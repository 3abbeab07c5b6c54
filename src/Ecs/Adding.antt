-- ===== src/Ecs/Adding.antt =====
-- The components of a type after `AddComponentToEntity` of Ecs/Ecs.cppm.
use playground_engine.Base.{
  ℕ, suc, ap, sym, ◌∙◌, ◌≡◌, refl, true, none, Option, some, List, [], ◌∷◌, map, value_or, bind,
  length, inl, inr, Option-cases, arith,
}
use playground_engine.OrderedMap.{OrderedMap, find, values, insert_or_assign, find-insert_or_assign}
use playground_engine.OrderedMap.Nested.{assign_in}
use playground_engine.Ecs.{
  Ecs, ComponentRecord, ComponentsByEntity, typed_ref_of, get_components, try_get_component,
  components_of_type, add_component_to_entity,
}
use playground_engine.Ecs.View.{entity, alive, by_type, instance_of, try_get_component-by_type}

abbrev pub instances : Option ComponentsByEntity → List ℕ
instances o = map (λ (c : ComponentRecord). c.instance_ptr) (values (value_or o []))

pub get_components-instances :
    (ecs : Ecs) (t : ℕ) → get_components ecs t ≡ instances (find t ecs.components_per_type)
unfolding get_components components_of_type
get_components-instances ecs t = refl

pub types-add_component :
    (t c e : ℕ) (ecs : Ecs)
    → alive ecs e ≡ true
    → (add_component_to_entity t c (entity e) ecs).0.components_per_type
      ≡ assign_in t e (record { instance_ptr = c; ref = typed_ref_of t c }) ecs.components_per_type
unfolding add_component_to_entity
types-add_component t c e ecs living = ground arith

pub find-assign_in :
    (t e : ℕ) (r : ComponentRecord) (outer : OrderedMap ComponentsByEntity)
    → find t (assign_in t e r outer) ≡ some (insert_or_assign e r (value_or (find t outer) []))
unfolding assign_in
find-assign_in t e r outer =
    ground
      (arith, find-insert_or_assign t t (insert_or_assign e r (value_or (find t outer) [])) outer)

-- A key that is not there adds an element.
length-insert_or_assign :
    (k : ℕ) (r : ComponentRecord) (m : ComponentsByEntity)
    → find k m ≡ none
    → length (instances (some (insert_or_assign k r m))) ≡ suc (length (instances (some m)))
unfolding find insert_or_assign values
length-insert_or_assign k r [] e = refl
length-insert_or_assign k r ((j, w) ∷ m) e = ground (arith, e, length-insert_or_assign k r m)

find-empty : (e : ℕ) → find {V = ComponentRecord} e [] ≡ none
unfolding find
find-empty e = refl

no_instance : (o : Option ComponentRecord) → instance_of o ≡ none → o ≡ none
no_instance none h = refl
no_instance (some r) h = cc

missing :
    (t e : ℕ) (ecs : Ecs)
    → try_get_component ecs t (entity e) ≡ none
    → find e (value_or (find t ecs.components_per_type) []) ≡ none
missing t e ecs h =
    let none_there : instance_of (by_type ecs t e) ≡ none =
      sym (try_get_component-by_type ecs t e) ∙ h in
    elim (Option-cases (find t ecs.components_per_type)) [
      | inl n ↦ rw n (find-empty e)
      | inr (inner, i) ↦ rw i (
          no_instance (find e inner) (ap (λ o. instance_of (bind o (find e))) (sym i) ∙ none_there))
    ]

pub length-get_components-add_component :
    (t c e : ℕ) (ecs : Ecs)
    → alive ecs e ≡ true
    → try_get_component ecs t (entity e) ≡ none
    → length (get_components (add_component_to_entity t c (entity e) ecs).0 t)
      ≡ suc (length (get_components ecs t))
length-get_components-add_component t c e ecs living first =
    let added : ComponentRecord = record { instance_ptr = c; ref = typed_ref_of t c } in
    let inner = value_or (find t ecs.components_per_type) [] in
    ap length (
      get_components-instances (add_component_to_entity t c (entity e) ecs).0 t
      ∙ (ap (λ p. instances (find t p)) (types-add_component t c e ecs living)
          ∙ ap instances (find-assign_in t e added ecs.components_per_type)))
    ∙ (length-insert_or_assign e added inner (missing t e ecs first)
        ∙ ap (λ xs. suc (length xs)) (sym (get_components-instances ecs t)))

================

__Exercise aim__: Reproduce, with no other lines, the run of lines that begins with the one containing "e ecs living)" and ends with the last line of the material.

__Answer for this exercise__:
      ∙ (ap (λ p. instances (find t p)) (types-add_component t c e ecs living)
          ∙ ap instances (find-assign_in t e added ecs.components_per_type)))
    ∙ (length-insert_or_assign e added inner (missing t e ecs first)
        ∙ ap (λ xs. suc (length xs)) (sym (get_components-instances ecs t)))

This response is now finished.